START DATA EXCERPTS

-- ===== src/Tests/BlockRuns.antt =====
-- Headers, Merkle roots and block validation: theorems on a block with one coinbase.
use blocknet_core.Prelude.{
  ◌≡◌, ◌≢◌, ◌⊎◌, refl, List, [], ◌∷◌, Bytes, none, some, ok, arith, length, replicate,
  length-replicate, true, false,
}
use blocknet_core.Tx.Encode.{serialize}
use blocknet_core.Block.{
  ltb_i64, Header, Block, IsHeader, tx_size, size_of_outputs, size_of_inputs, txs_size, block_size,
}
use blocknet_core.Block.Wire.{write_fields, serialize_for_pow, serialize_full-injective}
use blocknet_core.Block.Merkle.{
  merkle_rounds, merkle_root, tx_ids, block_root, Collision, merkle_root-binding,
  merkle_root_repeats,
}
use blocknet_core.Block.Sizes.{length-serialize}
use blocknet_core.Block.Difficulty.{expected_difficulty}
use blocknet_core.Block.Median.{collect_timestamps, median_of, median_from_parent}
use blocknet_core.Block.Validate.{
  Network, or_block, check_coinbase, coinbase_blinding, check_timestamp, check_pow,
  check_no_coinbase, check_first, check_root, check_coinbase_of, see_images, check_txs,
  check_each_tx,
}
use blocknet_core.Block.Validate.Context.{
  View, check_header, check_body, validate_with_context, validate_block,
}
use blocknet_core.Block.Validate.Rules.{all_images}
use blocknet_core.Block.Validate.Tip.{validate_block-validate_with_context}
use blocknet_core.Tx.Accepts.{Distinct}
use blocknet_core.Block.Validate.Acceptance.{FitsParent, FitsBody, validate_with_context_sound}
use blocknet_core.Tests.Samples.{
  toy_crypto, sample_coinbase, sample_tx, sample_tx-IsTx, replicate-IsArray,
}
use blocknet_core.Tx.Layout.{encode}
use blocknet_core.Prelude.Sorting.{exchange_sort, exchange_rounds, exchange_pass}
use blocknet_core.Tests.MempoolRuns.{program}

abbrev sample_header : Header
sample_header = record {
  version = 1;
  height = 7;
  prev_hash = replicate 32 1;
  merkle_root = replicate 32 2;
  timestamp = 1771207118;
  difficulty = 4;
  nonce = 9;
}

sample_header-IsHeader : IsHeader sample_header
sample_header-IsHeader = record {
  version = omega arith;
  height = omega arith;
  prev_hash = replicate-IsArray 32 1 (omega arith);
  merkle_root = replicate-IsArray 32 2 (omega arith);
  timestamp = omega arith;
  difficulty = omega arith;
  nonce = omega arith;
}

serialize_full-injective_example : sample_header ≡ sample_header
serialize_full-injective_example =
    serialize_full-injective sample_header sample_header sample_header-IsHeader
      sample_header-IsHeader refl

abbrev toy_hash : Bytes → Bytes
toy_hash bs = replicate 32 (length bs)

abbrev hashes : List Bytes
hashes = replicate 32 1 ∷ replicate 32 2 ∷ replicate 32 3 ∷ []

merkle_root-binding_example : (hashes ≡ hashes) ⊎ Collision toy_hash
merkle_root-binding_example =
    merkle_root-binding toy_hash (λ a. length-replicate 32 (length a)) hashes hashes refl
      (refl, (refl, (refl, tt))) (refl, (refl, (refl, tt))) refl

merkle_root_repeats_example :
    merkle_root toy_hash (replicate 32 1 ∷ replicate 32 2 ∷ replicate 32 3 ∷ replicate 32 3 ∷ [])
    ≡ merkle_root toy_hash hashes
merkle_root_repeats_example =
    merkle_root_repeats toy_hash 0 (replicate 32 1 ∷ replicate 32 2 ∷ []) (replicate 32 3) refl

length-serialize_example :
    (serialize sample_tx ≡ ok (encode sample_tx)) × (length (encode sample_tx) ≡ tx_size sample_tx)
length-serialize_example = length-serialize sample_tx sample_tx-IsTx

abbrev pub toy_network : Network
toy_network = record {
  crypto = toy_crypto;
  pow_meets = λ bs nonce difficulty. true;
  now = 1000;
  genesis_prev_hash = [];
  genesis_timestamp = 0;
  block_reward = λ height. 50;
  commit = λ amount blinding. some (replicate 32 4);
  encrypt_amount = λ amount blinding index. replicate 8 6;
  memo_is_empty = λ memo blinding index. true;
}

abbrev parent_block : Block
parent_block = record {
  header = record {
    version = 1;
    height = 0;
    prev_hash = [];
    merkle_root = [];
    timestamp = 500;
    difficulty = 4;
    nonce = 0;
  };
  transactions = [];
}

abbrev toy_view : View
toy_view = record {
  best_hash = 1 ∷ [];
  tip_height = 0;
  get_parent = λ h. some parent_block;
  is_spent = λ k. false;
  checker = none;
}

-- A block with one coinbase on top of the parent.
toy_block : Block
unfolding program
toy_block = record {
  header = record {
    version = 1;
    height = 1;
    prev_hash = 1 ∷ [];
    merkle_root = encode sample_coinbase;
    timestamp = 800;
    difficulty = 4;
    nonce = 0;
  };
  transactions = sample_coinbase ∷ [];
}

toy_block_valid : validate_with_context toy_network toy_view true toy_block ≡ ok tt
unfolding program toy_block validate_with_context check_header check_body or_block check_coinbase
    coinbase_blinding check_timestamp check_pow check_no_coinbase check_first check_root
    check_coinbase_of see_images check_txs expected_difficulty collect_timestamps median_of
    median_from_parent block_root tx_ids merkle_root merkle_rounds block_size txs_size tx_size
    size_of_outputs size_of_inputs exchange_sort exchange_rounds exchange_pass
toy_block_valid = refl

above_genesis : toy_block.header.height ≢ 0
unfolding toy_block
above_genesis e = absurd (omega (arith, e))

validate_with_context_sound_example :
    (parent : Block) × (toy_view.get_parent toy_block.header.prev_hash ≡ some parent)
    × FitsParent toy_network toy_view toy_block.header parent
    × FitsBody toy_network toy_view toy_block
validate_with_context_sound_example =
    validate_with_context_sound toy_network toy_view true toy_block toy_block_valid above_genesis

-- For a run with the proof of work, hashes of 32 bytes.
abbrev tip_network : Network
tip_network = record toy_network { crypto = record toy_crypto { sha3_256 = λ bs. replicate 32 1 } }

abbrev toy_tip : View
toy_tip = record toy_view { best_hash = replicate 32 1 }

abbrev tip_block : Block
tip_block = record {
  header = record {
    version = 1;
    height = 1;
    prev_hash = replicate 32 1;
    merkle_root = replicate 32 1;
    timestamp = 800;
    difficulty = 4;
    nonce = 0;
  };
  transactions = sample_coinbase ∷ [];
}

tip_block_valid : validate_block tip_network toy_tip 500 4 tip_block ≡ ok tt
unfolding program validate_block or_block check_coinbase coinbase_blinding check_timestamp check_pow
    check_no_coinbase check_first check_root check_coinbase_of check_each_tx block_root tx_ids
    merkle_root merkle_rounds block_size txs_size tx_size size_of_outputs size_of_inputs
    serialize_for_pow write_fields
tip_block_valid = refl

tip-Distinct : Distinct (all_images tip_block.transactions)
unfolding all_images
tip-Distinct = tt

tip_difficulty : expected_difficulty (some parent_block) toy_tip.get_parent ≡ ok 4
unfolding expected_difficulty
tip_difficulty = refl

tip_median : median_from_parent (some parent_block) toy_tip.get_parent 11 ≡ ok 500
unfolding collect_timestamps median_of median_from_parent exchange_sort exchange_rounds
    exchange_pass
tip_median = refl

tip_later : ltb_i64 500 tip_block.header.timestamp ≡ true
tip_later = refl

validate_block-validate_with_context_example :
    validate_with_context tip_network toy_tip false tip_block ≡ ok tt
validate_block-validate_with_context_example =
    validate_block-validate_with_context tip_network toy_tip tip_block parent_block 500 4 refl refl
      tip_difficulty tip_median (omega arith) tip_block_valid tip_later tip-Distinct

END DATA EXCERPTS

*TO DO*. Make an exact copy of all the data.

*SOLUTION FOR THIS PROBLEM*.
-- ===== src/Tests/BlockRuns.antt =====
-- Headers, Merkle roots and block validation: theorems on a block with one coinbase.
use blocknet_core.Prelude.{
  ◌≡◌, ◌≢◌, ◌⊎◌, refl, List, [], ◌∷◌, Bytes, none, some, ok, arith, length, replicate,
  length-replicate, true, false,
}
use blocknet_core.Tx.Encode.{serialize}
use blocknet_core.Block.{
  ltb_i64, Header, Block, IsHeader, tx_size, size_of_outputs, size_of_inputs, txs_size, block_size,
}
use blocknet_core.Block.Wire.{write_fields, serialize_for_pow, serialize_full-injective}
use blocknet_core.Block.Merkle.{
  merkle_rounds, merkle_root, tx_ids, block_root, Collision, merkle_root-binding,
  merkle_root_repeats,
}
use blocknet_core.Block.Sizes.{length-serialize}
use blocknet_core.Block.Difficulty.{expected_difficulty}
use blocknet_core.Block.Median.{collect_timestamps, median_of, median_from_parent}
use blocknet_core.Block.Validate.{
  Network, or_block, check_coinbase, coinbase_blinding, check_timestamp, check_pow,
  check_no_coinbase, check_first, check_root, check_coinbase_of, see_images, check_txs,
  check_each_tx,
}
use blocknet_core.Block.Validate.Context.{
  View, check_header, check_body, validate_with_context, validate_block,
}
use blocknet_core.Block.Validate.Rules.{all_images}
use blocknet_core.Block.Validate.Tip.{validate_block-validate_with_context}
use blocknet_core.Tx.Accepts.{Distinct}
use blocknet_core.Block.Validate.Acceptance.{FitsParent, FitsBody, validate_with_context_sound}
use blocknet_core.Tests.Samples.{
  toy_crypto, sample_coinbase, sample_tx, sample_tx-IsTx, replicate-IsArray,
}
use blocknet_core.Tx.Layout.{encode}
use blocknet_core.Prelude.Sorting.{exchange_sort, exchange_rounds, exchange_pass}
use blocknet_core.Tests.MempoolRuns.{program}

abbrev sample_header : Header
sample_header = record {
  version = 1;
  height = 7;
  prev_hash = replicate 32 1;
  merkle_root = replicate 32 2;
  timestamp = 1771207118;
  difficulty = 4;
  nonce = 9;
}

sample_header-IsHeader : IsHeader sample_header
sample_header-IsHeader = record {
  version = omega arith;
  height = omega arith;
  prev_hash = replicate-IsArray 32 1 (omega arith);
  merkle_root = replicate-IsArray 32 2 (omega arith);
  timestamp = omega arith;
  difficulty = omega arith;
  nonce = omega arith;
}

serialize_full-injective_example : sample_header ≡ sample_header
serialize_full-injective_example =
    serialize_full-injective sample_header sample_header sample_header-IsHeader
      sample_header-IsHeader refl

abbrev toy_hash : Bytes → Bytes
toy_hash bs = replicate 32 (length bs)

abbrev hashes : List Bytes
hashes = replicate 32 1 ∷ replicate 32 2 ∷ replicate 32 3 ∷ []

merkle_root-binding_example : (hashes ≡ hashes) ⊎ Collision toy_hash
merkle_root-binding_example =
    merkle_root-binding toy_hash (λ a. length-replicate 32 (length a)) hashes hashes refl
      (refl, (refl, (refl, tt))) (refl, (refl, (refl, tt))) refl

merkle_root_repeats_example :
    merkle_root toy_hash (replicate 32 1 ∷ replicate 32 2 ∷ replicate 32 3 ∷ replicate 32 3 ∷ [])
    ≡ merkle_root toy_hash hashes
merkle_root_repeats_example =
    merkle_root_repeats toy_hash 0 (replicate 32 1 ∷ replicate 32 2 ∷ []) (replicate 32 3) refl

length-serialize_example :
    (serialize sample_tx ≡ ok (encode sample_tx)) × (length (encode sample_tx) ≡ tx_size sample_tx)
length-serialize_example = length-serialize sample_tx sample_tx-IsTx

abbrev pub toy_network : Network
toy_network = record {
  crypto = toy_crypto;
  pow_meets = λ bs nonce difficulty. true;
  now = 1000;
  genesis_prev_hash = [];
  genesis_timestamp = 0;
  block_reward = λ height. 50;
  commit = λ amount blinding. some (replicate 32 4);
  encrypt_amount = λ amount blinding index. replicate 8 6;
  memo_is_empty = λ memo blinding index. true;
}

abbrev parent_block : Block
parent_block = record {
  header = record {
    version = 1;
    height = 0;
    prev_hash = [];
    merkle_root = [];
    timestamp = 500;
    difficulty = 4;
    nonce = 0;
  };
  transactions = [];
}

abbrev toy_view : View
toy_view = record {
  best_hash = 1 ∷ [];
  tip_height = 0;
  get_parent = λ h. some parent_block;
  is_spent = λ k. false;
  checker = none;
}

-- A block with one coinbase on top of the parent.
toy_block : Block
unfolding program
toy_block = record {
  header = record {
    version = 1;
    height = 1;
    prev_hash = 1 ∷ [];
    merkle_root = encode sample_coinbase;
    timestamp = 800;
    difficulty = 4;
    nonce = 0;
  };
  transactions = sample_coinbase ∷ [];
}

toy_block_valid : validate_with_context toy_network toy_view true toy_block ≡ ok tt
unfolding program toy_block validate_with_context check_header check_body or_block check_coinbase
    coinbase_blinding check_timestamp check_pow check_no_coinbase check_first check_root
    check_coinbase_of see_images check_txs expected_difficulty collect_timestamps median_of
    median_from_parent block_root tx_ids merkle_root merkle_rounds block_size txs_size tx_size
    size_of_outputs size_of_inputs exchange_sort exchange_rounds exchange_pass
toy_block_valid = refl

above_genesis : toy_block.header.height ≢ 0
unfolding toy_block
above_genesis e = absurd (omega (arith, e))

validate_with_context_sound_example :
    (parent : Block) × (toy_view.get_parent toy_block.header.prev_hash ≡ some parent)
    × FitsParent toy_network toy_view toy_block.header parent
    × FitsBody toy_network toy_view toy_block
validate_with_context_sound_example =
    validate_with_context_sound toy_network toy_view true toy_block toy_block_valid above_genesis

-- For a run with the proof of work, hashes of 32 bytes.
abbrev tip_network : Network
tip_network = record toy_network { crypto = record toy_crypto { sha3_256 = λ bs. replicate 32 1 } }

abbrev toy_tip : View
toy_tip = record toy_view { best_hash = replicate 32 1 }

abbrev tip_block : Block
tip_block = record {
  header = record {
    version = 1;
    height = 1;
    prev_hash = replicate 32 1;
    merkle_root = replicate 32 1;
    timestamp = 800;
    difficulty = 4;
    nonce = 0;
  };
  transactions = sample_coinbase ∷ [];
}

tip_block_valid : validate_block tip_network toy_tip 500 4 tip_block ≡ ok tt
unfolding program validate_block or_block check_coinbase coinbase_blinding check_timestamp check_pow
    check_no_coinbase check_first check_root check_coinbase_of check_each_tx block_root tx_ids
    merkle_root merkle_rounds block_size txs_size tx_size size_of_outputs size_of_inputs
    serialize_for_pow write_fields
tip_block_valid = refl

tip-Distinct : Distinct (all_images tip_block.transactions)
unfolding all_images
tip-Distinct = tt

tip_difficulty : expected_difficulty (some parent_block) toy_tip.get_parent ≡ ok 4
unfolding expected_difficulty
tip_difficulty = refl

tip_median : median_from_parent (some parent_block) toy_tip.get_parent 11 ≡ ok 500
unfolding collect_timestamps median_of median_from_parent exchange_sort exchange_rounds
    exchange_pass
tip_median = refl

tip_later : ltb_i64 500 tip_block.header.timestamp ≡ true
tip_later = refl

validate_block-validate_with_context_example :
    validate_with_context tip_network toy_tip false tip_block ≡ ok tt
validate_block-validate_with_context_example =
    validate_block-validate_with_context tip_network toy_tip tip_block parent_block 500 4 refl refl
      tip_difficulty tip_median (omega arith) tip_block_valid tip_later tip-Distinct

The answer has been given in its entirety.